PARIS (MNI) – The Irish government Sunday resisted growing pressure
from senior EU officials and the European Central Bank to formally
request financial aid, as late night talks ended with no action taken,
the Financial Times reported on its website.

Irish ministers publicly declared that they were committed to
weathering the storm without going to their European partners cap in
hand. “We must show clearly that Ireland can stand alone and it is
determined to get out of the financial difficulties we are in,” Batt
O’Keeffe, Irish enterprise minister, said on local radio, according to
the FT.

Irish officials have stressed numerous times that they have a cash
cushion of over E22 billion and won’t need to go back to the market
until mid-2011 to meet their financing needs.
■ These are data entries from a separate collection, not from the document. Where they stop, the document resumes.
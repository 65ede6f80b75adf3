-- ===== src/Adapters/Slices/Day.antt =====
-- The slices of one day follow one another up to midnight or the end of the run.
use wingfoil.Base.{
  ℕ, zero, suc, ◌+◌, ◌-◌, ◌*◌, ◌/◌, ◌%◌, ◌≤◌, ◌<◌, ◌≡◌, refl, ap, subst, ◌∙◌, sym, ◌⊎◌, true, false,
  leb, ◌==◌, ◌&&◌, if◌then◌else◌, u64_mod, u32_mod, arith, Bool-cases, inl, inr, List, [], ◌∷◌,
  Option, some,
}
use wingfoil.Adapters.Slices.{
  sign, day_nanos, Plan, Slice, Round, past_end, final_slice, slice_and_on, slice_round, round_from,
  day_slices, cons_all,
}
use wingfoil.Adapters.Slices.Shift.{
  shift, shift_day, from_kdb_timestamp-shift, shift_add, leb_i64-shift, shift_day-midnight,
  shift_day-eq, min_i64-shift,
}

-- The first moment of a slice, and the slice, as times of the graph.
abbrev pub start_of : ℕ → ℕ → ℕ → ℕ
start_of period d i = d * day_nanos + i * period

abbrev earlier : ℕ → ℕ → ℕ
earlier a b = if leb a b then a else b

abbrev pub slice_at : ℕ → ℕ → ℕ → Slice
slice_at period d i = record {
  t0 = start_of period d i;
  t1 = earlier (start_of period d i + period) (d * day_nanos + day_nanos);
  kdb_date = shift_day d % u32_mod;
  iteration = i;
}

abbrev pub last_day : ℕ → ℕ
last_day end_ = (end_ - 1) / day_nanos

abbrev pub plan : ℕ → ℕ → Plan
plan end_ period = record {
  end_day = shift_day (last_day end_);
  end_kdb = shift end_;
  period_nanos = period;
}

module _ (end_ period : ℕ) (fits : end_ + day_nanos + period < sign) where
  abbrev round_at : ℕ → ℕ → Round
  round_at d i =
      if d == last_day end_ && leb end_ (start_of period d i)
      then past_end
      else if leb (d * day_nanos + day_nanos) (start_of period d i + period)
      then final_slice (slice_at period d i)
      else slice_and_on (slice_at period d i)

  round_from-round_at :
      (d i : ℕ)
      → d ≤ last_day end_
      → start_of period d i < d * day_nanos + day_nanos
      → round_from
          (plan end_ period)
          (shift_day d)
          i
          (shift (d * day_nanos + day_nanos))
          (shift (start_of period d i))
          (shift (start_of period d i + period))
        ≡ round_at d i
  unfolding round_from
  round_from-round_at d i le within =
      let t0 : ℕ = start_of period d i in
      let next : ℕ = d * day_nanos + day_nanos in
      rw
        (
          shift_day-eq d (last_day end_) (omega arith) (omega arith),
          leb_i64-shift end_ (start_of period d i) (omega arith) (omega arith),
          leb_i64-shift (d * day_nanos + day_nanos) (start_of period d i + period) (omega arith)
              (omega arith),
          from_kdb_timestamp-shift (start_of period d i) (omega arith),
          min_i64-shift (start_of period d i + period) (d * day_nanos + day_nanos) (omega arith)
              (omega arith),
        )
        refl

  slice_round_lem :
      (d i : ℕ)
      → d ≤ last_day end_
      → start_of period d i < d * day_nanos + day_nanos
      → slice_round (plan end_ period) (shift_day d) i ≡ round_at d i
  unfolding slice_round
  slice_round_lem d i le within =
      let midnight : ℕ = d * day_nanos in
      let k : ℕ = i * period in
      ap
        (λ m.
          round_from (plan end_ period) (shift_day d) i ((m + day_nanos) % u64_mod)
            ((m + k) % u64_mod) (((m + k) % u64_mod + period) % u64_mod))
        (shift_day-midnight d (omega arith))
      ∙ ap
          (λ n.
            round_from (plan end_ period) (shift_day d) i n ((shift midnight + k) % u64_mod)
              (((shift midnight + k) % u64_mod + period) % u64_mod))
          (shift_add midnight day_nanos (omega arith))
      ∙ ap
          (λ t.
            round_from (plan end_ period) (shift_day d) i (shift (midnight + day_nanos)) t
              ((t + period) % u64_mod))
          (shift_add midnight k (omega arith))
      ∙ ap
          (λ n.
            round_from (plan end_ period) (shift_day d) i (shift (midnight + day_nanos))
              (shift (midnight + k)) n)
          (shift_add (midnight + k) period (omega arith))
      ∙ round_from-round_at d i le within

  -- The slice lies in one day and before the end, is not empty and no longer than the period, and
  -- starts where its number says.
  pub record Fits (s : Slice) : Type 0 where
    pub day : ℕ
    pub date : s.kdb_date ≡ shift_day day % u32_mod
    pub at : s.t0 ≡ start_of period day s.iteration
    pub midnight : s.t1 ≤ day * day_nanos + day_nanos
    pub some_time : s.t0 < s.t1
    pub short : s.t1 ≤ s.t0 + period
    pub before_end : s.t0 < end_

  -- The slices follow one another without a gap from `lo` to `hi`.
  abbrev pub Tiles : ℕ → List Slice → ℕ → Type 0
  Tiles lo [] hi = lo ≡ hi
  Tiles lo (s ∷ slices) hi = (s.t0 ≡ lo) × Fits s × Tiles s.t1 slices hi

  -- Where the slices of a day end: at midnight, or on the last day behind the end of the run.
  abbrev pub Ends : ℕ → ℕ → Type 0
  Ends d hi = (hi ≡ d * day_nanos + day_nanos) ⊎ ((d ≡ last_day end_) × (end_ ≤ hi))

  pub record Tiled (lo d : ℕ) (r : Option (List Slice)) : Type 0 where
    pub slices : List Slice
    pub returns : r ≡ some slices
    pub hi : ℕ
    pub tiles : Tiles lo slices hi
    pub ends : Ends d hi

  slice_at-Fits :
      (d i : ℕ)
      → 0 < period
      → d ≤ last_day end_
      → start_of period d i < d * day_nanos + day_nanos
      → ((d == last_day end_) && leb end_ (start_of period d i)) ≡ false
      → 0 < end_
      → Fits (slice_at period d i)
  slice_at-Fits d i pos le within open_ more = record {
    day = d;
    date = refl;
    at = refl;
    midnight = ground arith;
    some_time = ground arith;
    short = ground arith;
    before_end = ground arith;
  }

  -- The end of a day's last slice, and of any other.
  t1-final :
      (d i : ℕ)
      → leb (d * day_nanos + day_nanos) (start_of period d i + period) ≡ true
      → (slice_at period d i).t1 ≡ d * day_nanos + day_nanos
  t1-final d i h = ground arith

  t1-next :
      (d i : ℕ)
      → leb (d * day_nanos + day_nanos) (start_of period d i + period) ≡ false
      → ((slice_at period d i).t1 ≡ start_of period d (i + 1))
        × (start_of period d (i + 1) < d * day_nanos + day_nanos)
        × (start_of period d (i + 1) ≡ start_of period d i + period)
  t1-next d i h =
      let step : (i + 1) * period ≡ i * period + period = grind arith in
      let below : start_of period d i + period < d * day_nanos + day_nanos = ground arith in
      let t1_is : (slice_at period d i).t1 ≡ start_of period d i + period = ground arith in
      (omega (arith, t1_is, step), omega (arith, below, step), omega (arith, step))

  le-product : (i : ℕ) → 0 < period → i ≤ i * period
  le-product i pos = grind arith

  -- A round, given what it finds and what the others return.
  abbrev after_round : Round → Option (List Slice) → Option (List Slice)
  after_round past_end rest = some []
  after_round (final_slice s) rest = some (s ∷ [])
  after_round (slice_and_on s) rest = cons_all (s ∷ []) rest

  by_round :
      (r : Round) (rest : Option (List Slice))
      → (elim r as (λ _. Option (List Slice)) [
        | past_end ↦ some []
        | final_slice s ↦ some (s ∷ [])
        | slice_and_on s ↦ cons_all (s ∷ []) rest
      ])
        ≡ after_round r rest
  by_round past_end rest = refl
  by_round (final_slice s) rest = refl
  by_round (slice_and_on s) rest = refl

  day_slices-step :
      (fuel d i : ℕ)
      → d ≤ last_day end_
      → start_of period d i < d * day_nanos + day_nanos
      → 0 < period
      → day_slices (suc fuel) (plan end_ period) (shift_day d) i
        ≡ after_round (round_at d i) (day_slices fuel (plan end_ period) (shift_day d) (i + 1))
  unfolding day_slices
  day_slices-step fuel d i le within pos =
      let no_wrap : (i + 1) % u64_mod ≡ i + 1 = omega (arith, le-product i pos) in
      by_round (slice_round (plan end_ period) (shift_day d) i)
        (day_slices fuel (plan end_ period) (shift_day d) ((i + 1) % u64_mod))
      ∙ ap
          (λ r.
            after_round r (day_slices fuel (plan end_ period) (shift_day d) ((i + 1) % u64_mod)))
          (slice_round_lem d i le within)
      ∙ ap (λ j. after_round (round_at d i) (day_slices fuel (plan end_ period) (shift_day d) j))
          no_wrap

  no_slice :
      (d i : ℕ)
      → ((d == last_day end_) && leb end_ (start_of period d i)) ≡ true
      → Tiled (start_of period d i) d (some [])
  no_slice d i e = record {
    slices = [];
    returns = refl;
    hi = start_of period d i;
    tiles = refl;
    ends = inr (ground arith, ground arith);
  }

  -- One round, given what the others make.
  round-Tiled :
      (d i : ℕ) (rest : Option (List Slice))
      → 0 < end_
      → 0 < period
      → d ≤ last_day end_
      → start_of period d i < d * day_nanos + day_nanos
      → ((start_of period d (i + 1) < d * day_nanos + day_nanos)
          → (start_of period d (i + 1) ≡ start_of period d i + period)
          → Tiled (start_of period d (i + 1)) d rest)
      → Tiled (start_of period d i) d (after_round (round_at d i) rest)
  round-Tiled d i rest more pos le within ih =
      elim (Bool-cases ((d == last_day end_) && leb end_ (start_of period d i))) [
        | inl e ↦ rw e (no_slice d i e)
        | inr e ↦
            elim (Bool-cases (leb (d * day_nanos + day_nanos) (start_of period d i + period))) [
              | inl e' ↦ rw e (
                  rw e' (record {
                    slices = slice_at period d i ∷ [];
                    returns = refl;
                    hi = (slice_at period d i).t1;
                    tiles = (refl, slice_at-Fits d i pos le within e more, refl);
                    ends = inl (t1-final d i e');
                  }))
              | inr e' ↦
                  let (t1_is, below, next) = t1-next d i e' in
                  let later = ih below next in
                  rw e (
                    rw e' (record {
                      slices = slice_at period d i ∷ later.slices;
                      returns = ap (cons_all (slice_at period d i ∷ [])) later.returns;
                      hi = later.hi;
                      tiles = (
                        refl,
                        slice_at-Fits d i pos le within e more,
                        subst (λ t. Tiles t later.slices later.hi) (sym t1_is) later.tiles,
                      );
                      ends = later.ends;
                    }))
            ]
      ]

  pub day_slices-Tiled :
      (fuel d i : ℕ)
      → 0 < end_
      → 0 < period
      → d ≤ last_day end_
      → start_of period d i < d * day_nanos + day_nanos
      → d * day_nanos + day_nanos < start_of period d i + fuel
      → Tiled (start_of period d i) d (day_slices fuel (plan end_ period) (shift_day d) i)
  day_slices-Tiled zero d i more pos le within enough = absurd (omega arith)
  day_slices-Tiled (suc fuel) d i more pos le within enough =
      subst (Tiled (start_of period d i) d) (sym (day_slices-step fuel d i le within pos)) (
        round-Tiled d i (day_slices fuel (plan end_ period) (shift_day d) (i + 1)) more pos le
          within
          (λ below next. day_slices-Tiled fuel d (i + 1) more pos le below (omega (arith, next))))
But the sharp widening in
Irish spreads last week to a new euro-era high rattled the nerves of
many officials, both in Ireland and outside of it, and raised concerns
in some capitals about contagion effects on other weak Eurozone nations.

Patrick Honohan, the Irish central bank governor, declared that
borrowing rates on Ireland’s sovereign securities were now “well above
the rate at which one would go back in [to the markets].” The current
trend, he said, was “unsustainable.”

Portuguese bonds were also hammered in the markets last week, and
the effects of rising yields and wider spreads against the benchmark
German Bund began to spill over into Italy and Spain as well.

Peripheral EMU bonds finally got a respite later in the week after
five EU finance ministers put out a statement from the Group of 20
summit meeting in Seoul assuring investors that official talk of
requiring private creditors to contribute to bailouts was something for
the future and would not affect current bondholders.

But few people expected the market calm to last. There were
numerous press reports over the weekend saying that European officials
were holding informal talks to decide whether Ireland should get an aid
package similar to the one granted to Greece last May in order to calm
markets and minimize the growing risk of contagion to other vulnerable
Eurozone countries such as Spain and Italy.

At one point in the talks this weekend, the question was raised
whether an Ireland aid announcement might be needed to ease tensions
before markets opened Monday.

The FT quoted an anonymous official familiar with the discussions
who wondered: “Can they get through the markets on Monday?”

The Wall Street Journal reported late Saturday that officials at
the ECB were advising Ireland that if it tapped the EU’s E500 billion
emergency loan facility, it would have an easier time implementing a
credible budget and recapitalizing its deeply troubled banking system.
In that case, Ireland would also have access to an International
Monetary Fund standby facility for EU members, which totals E250
billion.

According to the Journal, the ECB’s view is that IMF and EU
oversight of Ireland, which would be required if the country took
emergency funds, would help bolster the credibility of Dublin’s
austerity plan, intended to slash its public deficit from a staggering
32% of GDP this year to 3% by 2014. The Irish government is due to
unveil its budget blueprint to parliament on December 7, but ECB
officials worry that may be too long to wait given the deterioration in
financial markets and the threat of contagion, the newspaper said.

Meanwhile, Germany’s Welt am Sonntag newspaper reported that Spain
and Portugal were pushing for an Irish rescue package out of fear that
they would come under pressure if the situation in Ireland were not
dealt with effectively.

Germany was also said to be pushing for Ireland aid, but according
to the FT, German officials “categorically denied” this.

Despite the Irish resistance to being bailed out, the press reports
quoted officials saying there would be talks in Brussels this week on a
possible package. According to some of the officials, an Irish bailout
is no longer a question of if but only of when.